Carrageenan (sometimes spelt ‘carrageenin’) is a family of linear sulphated polysaccarides; a type of large molecule of carbohydrate; which is extracted from red seaweed. It is used as an additive in many food products due to its gelling, thickening, stabilising and emulsifying properties.
At its most basic, it is produced by exposing the seaweed to hot water, then proceeding to evaporate the water leaving just the gel, although, suffice to say, modern production processes are more complicated. Here the harvested seaweed is dried, sifted and washed before being exposed to a hot alkali solution. Cellulose is then removed from the resulting mixture via centrifugation and filtration, before evaporating the alkali solution. The gel is then dried and powdered for use.
Carrageenan is usually divided into three classes for commercial use, which are dependent on the degree of sulphation and that have differing properties: kappa, which has one sulphate per disaccharide and forms a rigid gel in the presence of potassium; iota, which has two sulphates and forms a soft gel in the presence of calcium; and lambda, which has three sulphates and does not gel at all. As you may surmise from the naming scheme, there are many other types of carrageenan, however these are not typically used for commercial applications.

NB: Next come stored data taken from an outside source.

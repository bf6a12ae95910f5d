-- ===== src/Panel/Heat.antt =====
-- The heat of the blocks in `draw_ghost_map` of src/monitor/SystemMonitor.cpp, from one frame to the
-- next.
use hyperion_euntime_environ.Base.{
  dec_lt, ℕ, zero, suc, ◌-◌, ◌%◌, ◌^◌, ◌<◌, ◌≤◌, ◌≡◌, refl, ap, ◌∙◌, List, [], ◌∷◌, ltb, length,
  set, get_or, arith, ◌⊎◌, inl, inr, Bool-cases, length-set, length-map, get_or-set_self,
  get_or-set_ne, ℕ_discrete,
}
use hyperion_euntime_environ.Monitor.{fast_rand}
use hyperion_euntime_environ.Monitor.Random.{fast_rand_bound}
use hyperion_euntime_environ.Panel.{decay, ping, simmer_one, simmer, update_heat}

decay_at : (heats : List ℕ) (i : ℕ) → get_or (decay heats) i 0 ≡ get_or heats i 0 - 1
unfolding decay
decay_at [] i = refl
decay_at (h ∷ heats) zero = ground arith
decay_at (h ∷ heats) (suc i) = decay_at heats i

length-decay : (heats : List ℕ) → length (decay heats) ≡ length heats
unfolding decay
length-decay heats = length-map _ heats

length-ping : (seed : ℕ) (heats : List ℕ) → length (ping seed heats).0 ≡ length heats
unfolding ping
length-ping seed heats =
    ground (arith, length-set {0} heats (fast_rand (fast_rand seed) % length heats) 5)

ping_at :
    (seed : ℕ) (heats : List ℕ) (i : ℕ)
    → i < length heats
    → (get_or (ping seed heats).0 i 0 ≡ get_or heats i 0) ⊎ (get_or (ping seed heats).0 i 0 ≡ 5)
unfolding ping
ping_at seed heats i h =
    let j = fast_rand (fast_rand seed) % length heats in
    elim (Bool-cases (ltb (fast_rand seed % 100) 10)) [
      | inl t ↦ rw t (elim (ℕ_discrete j i) [
        | yes e ↦ inr (ap (λ (k : ℕ). get_or (set heats k 5) i 0) e ∙ get_or-set_self heats i 5 0 h)
        | no n ↦ inl (get_or-set_ne heats j i 5 0 n)
      ])
      | inr t ↦ rw t (inl refl)
    ]

simmer_one_bounds :
    (seed h : ℕ)
    → h ≤ 5
    → (1 ≤ (simmer_one seed h).0)
      × ((simmer_one seed h).0 ≤ 5)
      × (2 ≤ h → (simmer_one seed h).0 ≡ h)
unfolding simmer_one
simmer_one_bounds seed h k = (ground arith, ground arith, λ l. ground arith)

length-simmer : (n seed : ℕ) (heats : List ℕ) → length (simmer n seed heats).0 ≡ length heats
unfolding simmer
length-simmer zero seed heats = refl
length-simmer (suc n) seed [] = refl
length-simmer (suc n) seed (h ∷ heats) = ap suc (length-simmer n (simmer_one seed h).1 heats)

-- A block below the resident count stays warm, and the others keep their heat.
simmer_at :
    (n seed : ℕ) (heats : List ℕ) (i : ℕ)
    → i < length heats
    → get_or heats i 0 ≤ 5
    → (get_or (simmer n seed heats).0 i 0 ≤ 5)
      × (i < n → 1 ≤ get_or (simmer n seed heats).0 i 0)
      × (n ≤ i → get_or (simmer n seed heats).0 i 0 ≡ get_or heats i 0)
      × (2 ≤ get_or heats i 0 → get_or (simmer n seed heats).0 i 0 ≡ get_or heats i 0)
unfolding simmer
simmer_at zero seed heats i h k = (k, λ l. absurd (omega arith), λ l. refl, λ l. refl)
simmer_at (suc n) seed [] i h k = absurd (omega arith)
simmer_at (suc n) seed (x ∷ heats) zero h k =
    let (warm, bounded, hot) = simmer_one_bounds seed x k in
    (bounded, λ l. warm, λ l. absurd (omega arith), hot)
simmer_at (suc n) seed (x ∷ heats) (suc i) h k =
    let (bounded, warm, cold, hot) = simmer_at n (simmer_one seed x).1 heats i (omega arith) k in
    (bounded, λ l. warm (omega arith), λ l. cold (omega arith), hot)

-- A block's heat of 5 at most stays so over a frame, is at least 1 for a resident block, and goes
-- down by one, to 0 at least, or to 5 where the block is not resident or its heat was 3 or more.
pub update_heat_at :
    (resident seed : ℕ) (heats : List ℕ) (i : ℕ)
    → i < length heats
    → get_or heats i 0 ≤ 5
    → (get_or (update_heat resident seed heats).0 i 0 ≤ 5)
      × (i < resident → 1 ≤ get_or (update_heat resident seed heats).0 i 0)
      × (resident ≤ i
          → (get_or (update_heat resident seed heats).0 i 0 ≡ get_or heats i 0 - 1)
            ⊎ (get_or (update_heat resident seed heats).0 i 0 ≡ 5))
      × (3 ≤ get_or heats i 0
          → (get_or (update_heat resident seed heats).0 i 0 ≡ get_or heats i 0 - 1)
            ⊎ (get_or (update_heat resident seed heats).0 i 0 ≡ 5))
unfolding update_heat
update_heat_at resident seed heats i h k =
    let cooled = decay heats in
    let pinged = ping seed cooled in
    let inside : i < length cooled = omega (arith, length-decay heats) in
    let now = ping_at seed cooled i inside in
    let before = decay_at heats i in
    let (bounded, warm, cold, hot) =
      simmer_at resident pinged.1 pinged.0 i
        (omega (arith, length-ping seed cooled, length-decay heats))
        (ground (arith, now, before)) in
    (
      bounded,
      warm,
      λ l. ground (arith, cold l, now, before),
      λ l. ground (arith, hot (ground (arith, now, before)), now, before),
    )

pub length-update_heat :
    (resident seed : ℕ) (heats : List ℕ) → length (update_heat resident seed heats).0 ≡ length heats
unfolding update_heat
length-update_heat resident seed heats =
    length-simmer resident (ping seed (decay heats)).1 (ping seed (decay heats)).0
    ∙ length-ping seed (decay heats)
    ∙ length-decay heats

-- The seed stays a 32-bit word.
ping_seed : (seed : ℕ) (heats : List ℕ) → seed < 2 ^ 32 → (ping seed heats).1 < 2 ^ 32
unfolding ping
ping_seed seed heats h =
    ground
      (arith, fast_rand_bound (fast_rand seed) (fast_rand_bound seed h), fast_rand_bound seed h)

simmer_one_seed : (seed h : ℕ) → seed < 2 ^ 32 → (simmer_one seed h).1 < 2 ^ 32
unfolding simmer_one
simmer_one_seed seed h l = ground (arith, fast_rand_bound seed l)

simmer_seed : (n seed : ℕ) (heats : List ℕ) → seed < 2 ^ 32 → (simmer n seed heats).1 < 2 ^ 32
unfolding simmer
simmer_seed zero seed heats h = h
simmer_seed (suc n) seed [] h = h
simmer_seed (suc n) seed (x ∷ heats) h =
    simmer_seed n (simmer_one seed x).1 heats (simmer_one_seed seed x h)

pub update_heat_seed :
    (resident seed : ℕ) (heats : List ℕ)
    → seed < 2 ^ 32
    → (update_heat resident seed heats).1 < 2 ^ 32
unfolding update_heat
update_heat_seed resident seed heats h =
    simmer_seed resident (ping seed (decay heats)).1 (ping seed (decay heats)).0
      (ping_seed seed (decay heats) h)

-- A block's heat of 5 at most stays so over a frame and is at least 1 for a resident block; it goes
-- down by one, stopping at 0, or to 5, unless the block is resident and its heat was 2 at most.
pub update_heat-bounds :
    (resident seed : ℕ) (heats : List ℕ) (i : ℕ)
    → i < length heats
    → get_or heats i 0 ≤ 5
    → let heat = get_or (update_heat resident seed heats).0 i 0 in
      (heat ≤ 5)
      × ((resident ≤ i) ⊎ (1 ≤ heat))
      × ((heat ≡ get_or heats i 0 - 1) ⊎ ((heat ≡ 5) ⊎ ((i < resident) × (get_or heats i 0 ≤ 2))))
update_heat-bounds resident seed heats i h bound =
    let (low, lit, outside, warm) = update_heat_at resident seed heats i h bound in
    (
      low,
      elim (dec_lt i resident) [ yes r ↦ inr (lit r) | no n ↦ inl (omega (arith, n)) ],
      elim (dec_lt i resident) [
        | yes r ↦ elim (dec_lt 2 (get_or heats i 0)) [
          | yes w ↦ elim (warm (omega (arith, w))) [ inl e ↦ inl e | inr e ↦ inr (inl e) ]
          | no c ↦ inr (inr (r, omega (arith, c)))
        ]
        | no n ↦ elim (outside (omega (arith, n))) [ inl e ↦ inl e | inr e ↦ inr (inl e) ]
      ],
    )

The properties of carrageenan, or rather of Chondrus Crispus, the earliest known seaweed in which it was noted, have been known since at least 1810, when it was reportedly given in Ireland as recommended cure for respiratory ailments; though the FAO alleged in 1965 that its use could be traced back to about the 14th century (this same article however also claims that this was in ‘Carragheen County’ on Ireland’s southern coast; no such county appears to be reported as having existed in Irish history outside of this article and those citing it), and Wikipedia even further back (it however fails to cite a source); a recipe for carrageenan gelatin can reportedly be found in the Encyclopédie, published between 1751 and 1772. In 1819, botanist Dawson Turner described that the plant would "melt on boiling and afterwards harden into a gelatine, which I do not despair of seeing hereafter employed to useful purposes, though I have hitherto failed in my efforts to render it of service". With the Irish diaspora, its usage came to spread to other countries as well. The gelling agent found in the seaweed was reportedly first isolated in 1837, and first purified by alcohol precipitation in 1871. Popularity of this carrageenan extracted rocketed with the Second World War, when trade embargoes with Japan cut off the supply of agar, a similarly gelatinous seaweed extract.
In modern times, carrageenan is subject to some controversy regarding its effects on health, in particular that of the gastrointestinal tract and especially the bowels. These effects are alleged to include malignancy and cancer. Studies regarding this are typically inconclusive, with results varying wildly. Things are complicated further by the most famous and frequently cited of modern studies being called into question due to not taking into account relative body weight (that is, the rats in the study were fed the same amount a human would consume rather than a similar amount proportional to their body weight). Older studies are reportedly based on ‘degraded’ carrageenan, a part of the low-molecular weight section of carrageenan’s molecular backbone, which has since been redesignated ‘poligeenan’ by the scientific community in order to differentiate it; this is officially defined as having between 10,000 and 20,000 da (Daltons). This in fact is deemed by studies as having potential severe health risks, and is ostensibly not used as a food additive. The European Scientific Committee on Food recommends that a fragment of food-grade carrageenan contains no more than 5% with less than 50,000 da in a bid to keep presence of poligeenan low. In practice, the figure is closer to 8%. The proportion of poligeenan in this is unknown, so you may wish to take caution. The Joint FAO/WHO Expert Committee on Food Additives (JECFA)’s findings have, on multiple occasions, suggested that at the typical estimated levels of human intake, carrageenan is safe to consume, however care is never the less advised. In particular, they advise that it is not used in infant formula, due to it being an infant’s presumed sole dietary intake and concerns about its absorption by the immature gut; while evidence suggests that a mature gut will not absorb carrageenan, current lack of studies on its effect on a not-fully-developed gut are a cause for concern for the committee. As a result, the EU forbids its use in baby formula, although the US still allows it.
Moo Free does not use carrageenan in its products.